I have been trying to use the Tomcat module for filebeat 7.9 (Tomcat module | Filebeat Reference [7.9] | Elastic) to ingest tomcat access logs from files but my log files are producing errors. I'd like to know what format the module expects the file-based logs to be in.

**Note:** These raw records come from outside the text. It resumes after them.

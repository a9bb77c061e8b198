-- ===== src/WgClient/Routes.antt =====
-- crates/wgclient/src/lib.rs: `parse_routes`.
pub mod Least
pub mod Rows
pub mod Lan
use wg_wrapper.Base.{
  ℕ, ◌-◌, ◌^◌, Bool, true, false, not, ◌&&◌, ◌||◌, List, [], ◌∷◌, map, filter, Option, none, some,
  ◌==◌, ltb, bit_and, if◌then◌else◌,
}
use wg_wrapper.Addr.{octet_0}
use wg_wrapper.Addr.Parse.{parse_ipv4}
use wg_wrapper.Addr.V4
use wg_wrapper.Text.{Text, codes, trim, from_str_radix}
use wg_wrapper.Text.Pieces.{starts_with, eq_ignore_ascii_case, split_whitespace, lines}

-- str::parse::<u32>
abbrev pub parse_u32 : Text → Option ℕ
parse_u32 = from_str_radix 10 0xffffffff

pub record Row : Type 0 where
  pub dest : ℕ
  pub mask : ℕ
  pub gateway : Text
  pub iface : ℕ
  pub metric : ℕ

abbrev row : Option ℕ → Option ℕ → Text → Option ℕ → Option ℕ → Option Row
row (some dest) (some mask) gateway (some iface) (some metric) =
    some (record { dest = dest; mask = mask; gateway = gateway; iface = iface; metric = metric })
row _ _ _ _ _ = none

-- five fields, all but the third of them numbers
unfoldable pub row_of : List Text → Option Row
unfolding parse_ipv4
row_of (dest ∷ mask ∷ gateway ∷ iface ∷ metric ∷ []) =
    row (parse_ipv4 dest) (parse_ipv4 mask) gateway (parse_ipv4 iface) (parse_u32 metric)
row_of _ = none

abbrev push : Option Row → List Row → List Row
push none rows = rows
push (some r) rows = r ∷ rows

-- The loop over the lines: rows count between the two headings.
unfoldable pub rows_of : Bool → List Text → List Row
unfolding row_of trim split_whitespace
rows_of active [] = []
rows_of active (raw ∷ raws) =
    let line = trim raw in
    let heading = starts_with (codes "Active Routes:") line in
    let rest = rows_of (heading || active) raws in
    if heading
    then rest
    else if starts_with (codes "Persistent Routes:") line
    then []
    else if not active
    then rest
    else push (row_of (split_whitespace line)) rest

-- The best default route so far.
pub record Best : Type 0 where
  pub metric : ℕ
  pub gateway : ℕ
  pub iface : ℕ

-- best.is_none_or(|(m, _, _)| *metric<m)
abbrev beaten : Option Best → ℕ → Bool
beaten none metric = true
beaten (some b) metric = ltb metric b.metric

abbrev challenge : Option Best → Row → Option ℕ → Option Best
challenge best r none = best
challenge best r (some gw) =
    if beaten best r.metric
    then some (record { metric = r.metric; gateway = gw; iface = r.iface })
    else best

-- The body of the loop over the rows.
unfoldable pub better : Option Best → Row → Option Best
unfolding parse_ipv4
better best r =
    if not (V4.is_unspecified r.dest) || not (V4.is_unspecified r.mask)
    then best
    else challenge best r (parse_ipv4 r.gateway)

unfoldable pub best_of : Option Best → List Row → Option Best
unfolding better
best_of best [] = best
best_of best (r ∷ rs) = best_of (better best r) rs

-- The filter on the rows.
unfoldable pub is_lan : ℕ → Row → Bool
is_lan iface r =
    r.iface == iface
    && eq_ignore_ascii_case r.gateway (codes "on-link")
    && not (V4.is_broadcast r.mask)
    && not (octet_0 r.dest == 127)
    && not (bit_and (octet_0 r.dest) 0xf0 == 224)
    && not (V4.is_broadcast r.dest)

-- The gateway and the address of its interface, and the subnets beside it.
pub record Routes : Type 0 where
  pub default : Option (ℕ × ℕ)
  pub lan : List (ℕ × ℕ)

unfoldable pub routes_of : List Row → Option Best → Routes
unfolding is_lan
routes_of rows none = record { default = none; lan = [] }
routes_of rows (some b) = record {
  default = some (b.gateway, b.iface);
  lan = map (λ r. (r.dest, r.mask)) (filter (is_lan b.iface) rows);
}

unfoldable pub parse_routes : Text → Routes
unfolding rows_of lines best_of routes_of
parse_routes text = let rows = rows_of false (lines text) in routes_of rows (best_of none rows)
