-- ===== src/WgClient/Adapter/Setup.antt =====
-- The first part of `win::open`: the address, the metrics and the servers for names.
use wg_wrapper.Base.{ℕ, suc, Bool, true, false, List, [], ◌∷◌, ◌++◌, map, filter}
use wg_wrapper.Addr.{IpAddr, v4, v6}
use wg_wrapper.Addr.Display.{decimal, join, display}
use wg_wrapper.Text.{Text, codes}
use wg_wrapper.WgClient.Adapter.{Action, done, ◌>>◌, set_dns, Os, run_, run_undone, attempt}
use wg_wrapper.WgClient.Adapter.Commands.{
  name_text, nrpt_clear, powershell, set_metric, automatic_metric,
}

abbrev pub is_ipv4 : IpAddr → Bool
is_ipv4 (v4 _) = true
is_ipv4 (v6 _) = false

module _ (os : Os) (name : Text) (index : ℕ) where
  -- the address and the mtu
  unfoldable pub set_address : (ip mask : Text) → ℕ → Action (Unit {0})
  unfolding run_ decimal
  set_address ip mask mtu = do
    run_ os (
        codes "netsh"
        ∷ codes "interface"
        ∷ codes "ipv4"
        ∷ codes "set"
        ∷ codes "address"
        ∷ (codes "name=" ++ name)
        ∷ codes "static"
        ∷ ip
        ∷ mask
        ∷ [])
    run_ os (
        codes "netsh"
        ∷ codes "interface"
        ∷ codes "ipv4"
        ∷ codes "set"
        ∷ codes "subinterface"
        ∷ (codes "interface=" ++ name)
        ∷ (codes "mtu=" ++ decimal mtu)
        ∷ codes "store=persistent"
        ∷ [])

  -- The loop over the two families.
  unfoldable pub set_metrics : Action (Unit {0})
  unfolding run_undone
  set_metrics = do
    run_undone os (set_metric (codes "ipv4") name) (automatic_metric (codes "IPv4") name)
    run_undone os (set_metric (codes "ipv6") name) (automatic_metric (codes "IPv6") name)

  -- The loop over the other servers; the first of them has index 2.
  unfoldable pub add_servers : ℕ → List IpAddr → Action (Unit {0})
  unfolding run_ decimal display
  add_servers i [] = done
  add_servers i (d ∷ ds) = do
    run_ os (
        codes "netsh"
        ∷ codes "interface"
        ∷ codes "ipv4"
        ∷ codes "add"
        ∷ codes "dnsservers"
        ∷ (codes "name=" ++ name)
        ∷ display d
        ∷ (codes "index=" ++ decimal i)
        ∷ codes "validate=no"
        ∷ [])
    add_servers (suc i) ds

  abbrev pub nrpt_add : List Text → Text
  unfolding join
  nrpt_add servers =
      codes "Add-DnsClientNrptRule -Namespace '.' -NameServers "
      ++ join (codes ",") servers
      ++ codes " -Comment '"
      ++ name_text
      ++ codes "'"

  -- The rule for every name, unless no server is an IPv4 address.
  unfoldable pub add_rule : List Text → Action (Unit {0})
  unfolding run_undone attempt nrpt_add
  add_rule [] = done
  add_rule (s ∷ ss) = λ d.
      run_undone os (powershell (nrpt_add (s ∷ ss))) (powershell nrpt_clear)
        (attempt os (powershell nrpt_clear) d)

  -- The match on `cfg.dns.split_first()`.
  unfoldable pub configure_dns : List IpAddr → Action (Unit {0})
  unfolding run_ add_servers add_rule display
  configure_dns [] = done
  configure_dns (first ∷ rest) = do
    run_ os (
        codes "netsh"
        ∷ codes "interface"
        ∷ codes "ipv4"
        ∷ codes "set"
        ∷ codes "dnsservers"
        ∷ (codes "name=" ++ name)
        ∷ codes "static"
        ∷ display first
        ∷ codes "primary"
        ∷ codes "no"
        ∷ [])
    add_servers 2 rest
    add_rule (map display (filter is_ipv4 (first ∷ rest)))
    run_ os (codes "ipconfig" ∷ codes "/flushdns" ∷ [])
    set_dns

Tomcat log format is configured in server.xml and the default format out of the box is "%h %l %u %t "%r" %s %b", with fields defined as
- 
%h- Remote IP address - 
%l- Remote logical username from identd (always returns '-') - 
%u- Remote user that was authenticated (if any), else '-' (escaped if required) - 
%t- Date and time, in Common Log Format - 
%r- First line of the request (method and request URI) - 
%s- HTTP status code of the response - 
%b- Bytes sent, excluding HTTP headers, or '-' if zero 
https://tomcat.apache.org/tomcat-9.0-doc/config/valve.html#Access_Log_Valve
(This is version 9, but the format appears to be the same in Tomcat 10.) This results in logs that look like:
111.22.0.333 - - [07/May/2021:17:08:49 -0400] "GET /app-path?name=john HTTP/1.1" 302 -
111.33.0.111 - - [07/May/2021:17:08:49 -0400] "GET /app-path/ HTTP/1.1" 200 14291
111.44.0.111 - - [07/May/2021:17:08:50 -0400] "GET /favicon.ico HTTP/1.1" 404 762
My module config looks like:
- module: tomcat
  log:
    enabled: true
    # Set which input to use between udp (default), tcp or file.
    var.input: file
    # Set paths for the log files when file input is used.
    var.paths:
     - /usr/local/tomcat/logs/localhost_access_log.*
When the logs are ingested into elastic they clearly have not been properly parsed and have a dissect_parsing_error flag, e.g.:
{
  "_index": "filebeat-7.9.2-default-2021.03.20-000004",
  "_type": "_doc",
  "_id": "CWKpSHkBuDbbQBpRlerr",
  "_score": 1,
  "_source": {
    "agent": {
      "hostname": "myserver.domain.com",
      "name": "myserver.domain.com",
      "id": "<hex string>",
      "type": "filebeat",
      "ephemeral_id": "<hex string>",
      "version": "7.9.2"
    },
    "log": {
      "file": {
        "path": "/usr/local/tomcat/logs/localhost_access_log.2021-05-07.txt"
      },
      "offset": 243,
      "flags": [
        "dissect_parsing_error"
      ]
    },
    "fileset": {
      "name": "log"
    },
    "tags": [
      "tomcat.log",
      "forwarded"
    ],
    "observer": {
      "product": "TomCat",
      "vendor": "Apache",
      "type": "Web"
    },
    "input": {
      "type": "log"
    },
    "@timestamp": "2021-05-07T21:09:03.105Z",
    "ecs": {
      "version": "1.5.0"
    },
    "service": {
      "type": "tomcat"
    },
    "event": {
      "original": "111.12.0.333 - - [07/May/2021:17:08:57 -0400] \"GET /app-path?name=john HTTP/1.1\" 200 527",
      "module": "tomcat",
      "dataset": "tomcat.log"
    }
  },
  "fields": {
    "@timestamp": [
      "2021-05-07T21:09:03.105Z"
    ]
  }
}
I tried turning on debug in the Tomcat module config and I get the following messages in the filebeat log:
2021-05-06T21:49:47.306-0400	WARN	[processor.javascript]	console/console.go:52	msgid_select: no messageid captured!
2021-05-06T21:49:47.307-0400	WARN	[processor.javascript]	console/console.go:52	linear_select trying entry 0
2021-05-06T21:49:47.307-0400	WARN	[processor.javascript]	console/console.go:52	linear_select failed entry 0
2021-05-06T21:49:47.307-0400	WARN	[processor.javascript]	console/console.go:52	linear_select trying entry 1
2021-05-06T21:49:47.307-0400	WARN	[processor.javascript]	console/console.go:52	linear_select failed entry 1
2021-05-06T21:49:47.307-0400	WARN	[processor.javascript]	console/console.go:52	linear_select didn't match
Any help would be appreciated. If someone could point me to an example of a working file-based config that would be great.